Despite the encouraging results, several limitations of the present study should be acknowledged. The biological evaluations were performed using general preclinical models that target key pathways relevant to rosacea, such as oxidative stress, inflammation, microbial imbalance, cytocompatibility, and angiogenesis. Therefore, the findings should be interpreted as preclinical support for topical formulations designed to modulate pathways implicated in rosacea.
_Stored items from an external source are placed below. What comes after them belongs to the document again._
-- ===== src/Slab/Grow.antt =====
-- Where an allocation of kern/page-slab.c takes its object from: a slab in use, a free one or a new one.
use native.Mathlib.Decide.{ℕ_discrete}
use risc_v_workshop.Prelude.{
  ℕ, zero, suc, ◌<◌, ◌≡◌, ◌∙◌, ap, sym, refl, subst, arith, Bool, Bool-cases, inl, inr, true, false,
  ◌&&◌, ◌||◌, ltb, ◌==◌, if◌then◌else◌, Option, none, some, List, [], ◌∷◌, ◌++◌, has, length,
  length-append, All, All_lookup, All-map, update, update_same, update_other, Distinct, ne_of_has,
  has-append, Distinct-snoc, Rc, done, fail, enomem, Ensures, Ensures-bind, ◌>>=◌, add64,
}
use risc_v_workshop.Slab.{
  Slab, KmemCache, Supply, is_linked, set_slab, add_objects, link_grown, reserve_object,
  alloc_slab_obj,
}
use risc_v_workshop.Slab.Invariant.{
  none_out, IsSound, IsConsistent, is_held, not_full, not_free, free-not_full,
}
use risc_v_workshop.Slab.Taking.{IsTaking, Taken}
use risc_v_workshop.Slab.Take.{take-Taken}

Taken_from :
    (before c : KmemCache) (s i : ℕ) (after : KmemCache)
    → c.objs_per_slab ≡ before.objs_per_slab
    → ((p j : ℕ) → is_held c p j ≡ is_held before p j)
    → Taken c s i after
    → Taken before s i after
Taken_from before c s i after n same t = record {
  consistent = t.consistent;
  fresh = sym (same s i) ∙ t.fresh;
  index = subst (λ k. i < k) n t.index;
  held = λ p j. t.held p j ∙ ap (λ b. b || (s == p && i == j)) (same p j);
}

module _ (c : KmemCache) (h : IsConsistent c) (s : ℕ) (rest : List ℕ) where
  pub partial-IsTaking : c.partial ≡ s ∷ rest → IsTaking c s
  unfolding has
  partial-IsTaking e =
      let here : has s c.partial ≡ true = rw e (ground arith) in
      record {
        some_objects = h.some_objects;
        fits = h.fits;
        partial_once = h.partial_once;
        full_once = h.full_once;
        free_once = h.free_once;
        here = here;
        not_full = not_full c h s here;
        not_free = not_free c h s here;
        room = (h.partly s here).1;
        partly = λ p d m. h.partly p m;
        filled = h.filled;
        unused = h.unused;
        sound = h.sound;
        counted = h.counted;
      }

  pub free-IsTaking :
      c.partial ≡ [] → c.free ≡ s ∷ rest → IsTaking (record c { partial = s ∷ []; free = rest }) s
  unfolding has
  free-IsTaking e f =
      let here : has s c.free ≡ true = rw f (ground arith) in
      let once = subst Distinct f h.free_once in
      record {
        some_objects = h.some_objects;
        fits = h.fits;
        partial_once = (refl, tt);
        full_once = h.full_once;
        free_once = once.1;
        here = ground arith;
        not_full = free-not_full c h s here;
        not_free = once.0;
        room = omega (arith, h.unused s here, h.some_objects);
        partly = λ p d m. absurd (d (ground arith));
        filled = h.filled;
        unused = λ p m. h.unused p (rw f (ground arith));
        sound = λ p m. h.sound p (ground (arith, m, ap (has p) f));
        counted = omega (arith, h.counted, ap length e, ap length f);
      }

  pub free-held :
      c.partial ≡ []
      → c.free ≡ s ∷ rest
      → (p j : ℕ) → is_held (record c { partial = s ∷ []; free = rest }) p j ≡ is_held c p j
  unfolding has
  free-held e f p j =
      let here : has s c.free ≡ true = rw f (ground arith) in
      let sound = h.sound s (ground (arith, here)) in
      elim (ℕ_discrete s p) [
        | yes q ↦
            subst (λ r. is_held (record c { partial = s ∷ []; free = rest }) r j ≡ is_held c r j) q
              (ground (
                arith,
                none_out c.objs_per_slab (c.slabs s) sound (h.unused s here) j,
                free-not_full c h s here,
                ap (has s) e,
              ))
        | no d ↦ ground (arith, ap (has p) e)
      ]

-- a new slab
abbrev pub HasAll : ℕ → Option (List ℕ) → Type 0
HasAll n none = Unit
HasAll n (some objects) = (length objects ≡ n) × Distinct objects × All (λ i. i < n) objects

one_more :
    (n : ℕ) (b : Bool) (r : Option (List ℕ))
    → HasAll n r
    → HasAll (suc n) (r >>= λ os. if b then some (n ∷ os) else none)
unfolding has
one_more n b none h = tt
one_more n false (some os) h = tt
one_more n true (some os) h =
    let out = elim (Bool-cases (has n os)) as (λ _. has n os ≡ false) [
      | inl e ↦ absurd (omega (arith, All_lookup (λ i. i < n) n os h.2 e))
      | inr e ↦ e
    ] in
    (omega (arith, h.0), (out, h.1), (omega arith, All-map _ _ os (λ i l. omega (arith, l)) h.2))

pub add_objects-HasAll :
    (n : ℕ) (on_slab : Bool) (bufctls : ℕ) → HasAll n (add_objects n on_slab bufctls)
unfolding add_objects
add_objects-HasAll zero on_slab bufctls = (refl, tt, tt)
add_objects-HasAll (suc n) on_slab bufctls =
    one_more n (on_slab || ltb n bufctls) (add_objects n on_slab bufctls)
      (add_objects-HasAll n on_slab bufctls)

module _ (c : KmemCache) (h : IsConsistent c) (s : ℕ) (sinfo : Slab) where
  unfoldable pub grown_cache : KmemCache
  grown_cache = record (set_slab s sinfo c) {
    slab_count = add64 c.slab_count 1;
    partial = c.partial ++ s ∷ [];
  }

  pub grown-IsTaking :
      is_linked s c ≡ false
      → IsSound c.objs_per_slab sinfo
      → sinfo.count ≡ 0
      → IsTaking grown_cache s
  unfolding has grown_cache
  grown-IsTaking o sound z = record {
    some_objects = h.some_objects;
    fits = h.fits;
    partial_once = Distinct-snoc s c.partial h.partial_once (ground arith);
    full_once = h.full_once;
    free_once = h.free_once;
    here = ground (arith, has-append s c.partial (s ∷ []));
    not_full = ground arith;
    not_free = ground arith;
    room = rw (update_same c.slabs s sinfo) (omega (arith, z, h.some_objects));
    partly = λ p d m.
        rw (update_other c.slabs s p sinfo d)
          (h.partly p (ground (arith, has-append p c.partial (s ∷ []))));
    filled = λ p m.
        rw (update_other c.slabs s p sinfo (λ q. ne_of_has p s c.full m (ground arith) (sym q)))
          (h.filled p m);
    unused = λ p m.
        rw (update_other c.slabs s p sinfo (λ q. ne_of_has p s c.free m (ground arith) (sym q)))
          (h.unused p m);
    sound = λ p m. elim (ℕ_discrete s p) [
      | yes q ↦
          subst (λ r. IsSound c.objs_per_slab (update c.slabs s sinfo r)) q
            (rw (update_same c.slabs s sinfo) sound)
      | no d ↦
          rw (update_other c.slabs s p sinfo d)
            (h.sound p (ground (arith, m, has-append p c.partial (s ∷ []))))
    ];
    counted = omega (arith, h.counted, length-append {0} c.partial (s ∷ []));
  }

  pub grown-held :
      is_linked s c ≡ false
      → IsSound c.objs_per_slab sinfo
      → sinfo.count ≡ 0
      → (p j : ℕ) → is_held grown_cache p j ≡ is_held c p j
  unfolding has grown_cache
  grown-held o sound z p j = elim (ℕ_discrete s p) [
    | yes q ↦
        subst (λ r. is_held grown_cache r j ≡ is_held c r j) q
          (rw (update_same c.slabs s sinfo)
            (ground (arith, none_out c.objs_per_slab sinfo sound z j)))
    | no d ↦ rw (update_other c.slabs s p sinfo d) (ground (arith, has-append p c.partial (s ∷ [])))
  ]

  pub linked : is_linked s c ≡ false → link_grown s sinfo c ≡ some grown_cache
  unfolding link_grown grown_cache
  linked o = rw o

-- what a call of the allocator does
abbrev pub AllocOutcome : KmemCache → Rc (ℕ × ℕ) × KmemCache → Type 0
AllocOutcome cache (done (s, i), after) = Taken cache s i after
AllocOutcome cache (fail rc, after) =
    (rc ≡ enomem) × (after ≡ cache) × (cache.partial ≡ []) × (cache.free ≡ [])

-- a page from the page allocator is in no queue of the cache
abbrev pub IsFresh : KmemCache → Supply → Type 0
IsFresh cache supply = (s : ℕ) → supply.page ≡ some s → is_linked s cache ≡ false

bind_assoc :
    {A B C : Type 0} (m : Option A) (f : A → Option B) (g : B → Option C)
    → ((m >>= f) >>= g) ≡ (m >>= λ a. f a >>= g)
bind_assoc none f g = refl
bind_assoc (some a) f g = refl

pub take_all :
    (before c : KmemCache) (s : ℕ)
    → c.objs_per_slab ≡ before.objs_per_slab
    → ((p j : ℕ) → is_held c p j ≡ is_held before p j)
    → IsTaking c s
    → Ensures
        (AllocOutcome before)
        (reserve_object s c >>= λ d. alloc_slab_obj s d >>= λ (i, d). some (done (s, i), d))
take_all before c s n same t =
    subst (Ensures (AllocOutcome before))
      (bind_assoc (reserve_object s c) (alloc_slab_obj s) (λ (i, d). some (done (s, i), d)))
      (Ensures-bind (λ r. Taken c s r.0 r.1) (AllocOutcome before)
        (reserve_object s c >>= alloc_slab_obj s) (λ (i, d). some (done (s, i), d))
        (take-Taken c s t) (λ r k. Taken_from before c s r.0 r.1 n same k))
Future investigations should focus on more targeted experimental approaches, including advanced in vitro or ex vivo skin models and, ultimately, controlled clinical studies, to better define the relevance of Gg extract-loaded hydrogels and to define their precise role within a multimodal strategy for rosacea-prone skincare.
5. Conclusions
In this study, hydrogels containing a 2% methanolic extract of Glycyrrhiza glabra L. were successfully formulated and demonstrated rheological suitability, controlled release, and sustained epidermal permeation, consistent with high-quality topical delivery systems. The antioxidant, antimicrobial, and angiogenesis-modulating activities of the formulations highlight a multifunctional profile.
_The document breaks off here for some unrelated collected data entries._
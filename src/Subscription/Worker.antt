-- ===== src/Subscription/Worker.antt =====
-- The thread of the subscription manager: `runClient`, `start` and `stopClientThread` of
-- src/SubscriptionManager.cc.
use device_access_opc_ua_bac.Prelude.{Bool, true, false, List, [], ◌∷◌, if◌then◌else◌}
use device_access_opc_ua_bac.System.{
  Thread, null, running, returned, M, ◌>>=◌, ◌>>◌, done, get, put, fail, when, terminated,
  waits_forever,
}
use device_access_opc_ua_bac.Subscription.{DeleteAnswer, remove_subscription}
use device_access_opc_ua_bac.Callbacks.{ClientEvent, handle_all}

-- One call of `UA_Client_run_iterate`: the callbacks that it makes, and whether it is good.
pub record Round : Type 0 where
  pub events : List ClientEvent
  pub good : Bool

-- `while(_run)` over the rounds that the client goes through; the loop that is still on after the
-- last of them does not end.
unfoldable pub run_loop : List Round → M (Unit {0})
unfolding handle_all
run_loop [] = do s ← get; when s.run (fail waits_forever)
run_loop (r ∷ rs) =
    let rest = run_loop rs in
    do
      s ← get
      when s.run (do
        handle_all r.events
        s' ← get
        if s'.subscription_needs_to_be_removed then done else (when r.good rest))

unfoldable pub finish_client : DeleteAnswer → M (Unit {0})
unfolding remove_subscription
finish_client d = do
  s ← get
  when s.subscription_needs_to_be_removed
      (do remove_subscription d; put λ s. record s { subscription_needs_to_be_removed = false })
  put λ s. record s { run = false; thread = returned }

unfoldable pub run_client : List Round → DeleteAnswer → M (Unit {0})
unfolding run_loop finish_client
run_client rounds d = do run_loop rounds; finish_client d

-- A new thread over one that was not joined terminates the program.
unfoldable pub launch : Thread → M (Unit {0})
launch null = put λ s. record s { thread = running }
launch running = fail terminated
launch returned = fail terminated

unfoldable pub start : M (Unit {0})
unfolding launch
start = do
  s ← get
  if s.subscription_active
      then (do put λ s. record s { run = true }; launch s.thread)
      else put (λ s. record s { run = false })

-- The join waits until the thread has returned.
unfoldable pub join : Thread → List Round → DeleteAnswer → M (Unit {0})
unfolding run_client
join null rounds d = done
join running rounds d = do run_client rounds d; put λ s. record s { thread = null }
join returned rounds d = put λ s. record s { thread = null }

unfoldable pub stop_client_thread : List Round → DeleteAnswer → M (Unit {0})
unfolding join
stop_client_thread rounds d = do s ← get; join s.thread rounds d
The hydrogels exhibited strong antioxidant capacity, moderate antibacterial activity against species that may contribute to rosacea flares, and an absence of irritation in HET-CAM testing. Additionally, reductions in neovascularization in the CAM assay and good biocompatibility in HaCaT cells further support their dermal safety and relevance for sensitive or reactive skin. Notably, comparative evaluation revealed formulation-dependent differences, with the Labrasol-based hydrogel (S2) consistently demonstrating superior cytocompatibility and a more pronounced and sustained modulation of angiogenic responses compared with the propylene glycol-based formulation (S1). The IHC analysis provides crucial mechanistic insight, revealing that the hydrogels—particularly S2—maintain keratinocyte integrity through preserved CD44 expression and induce a controlled apoptotic turnover (mediated by Caspase-3) rather than necrosis at higher concentrations. Furthermore, the absence of VEGF upregulation at the cellular level aligns with the anti-angiogenic effects observed in ovo, supporting a profile that avoids exacerbating vascular triggers.
Overall, the present results position the Gg hydrogels as promising topical candidates capable of addressing several biological features associated with rosacea, including oxidative imbalance, inflammatory amplification, vascular reactivity, and microbiome-derived stimuli, while underscoring the critical role of formulation design.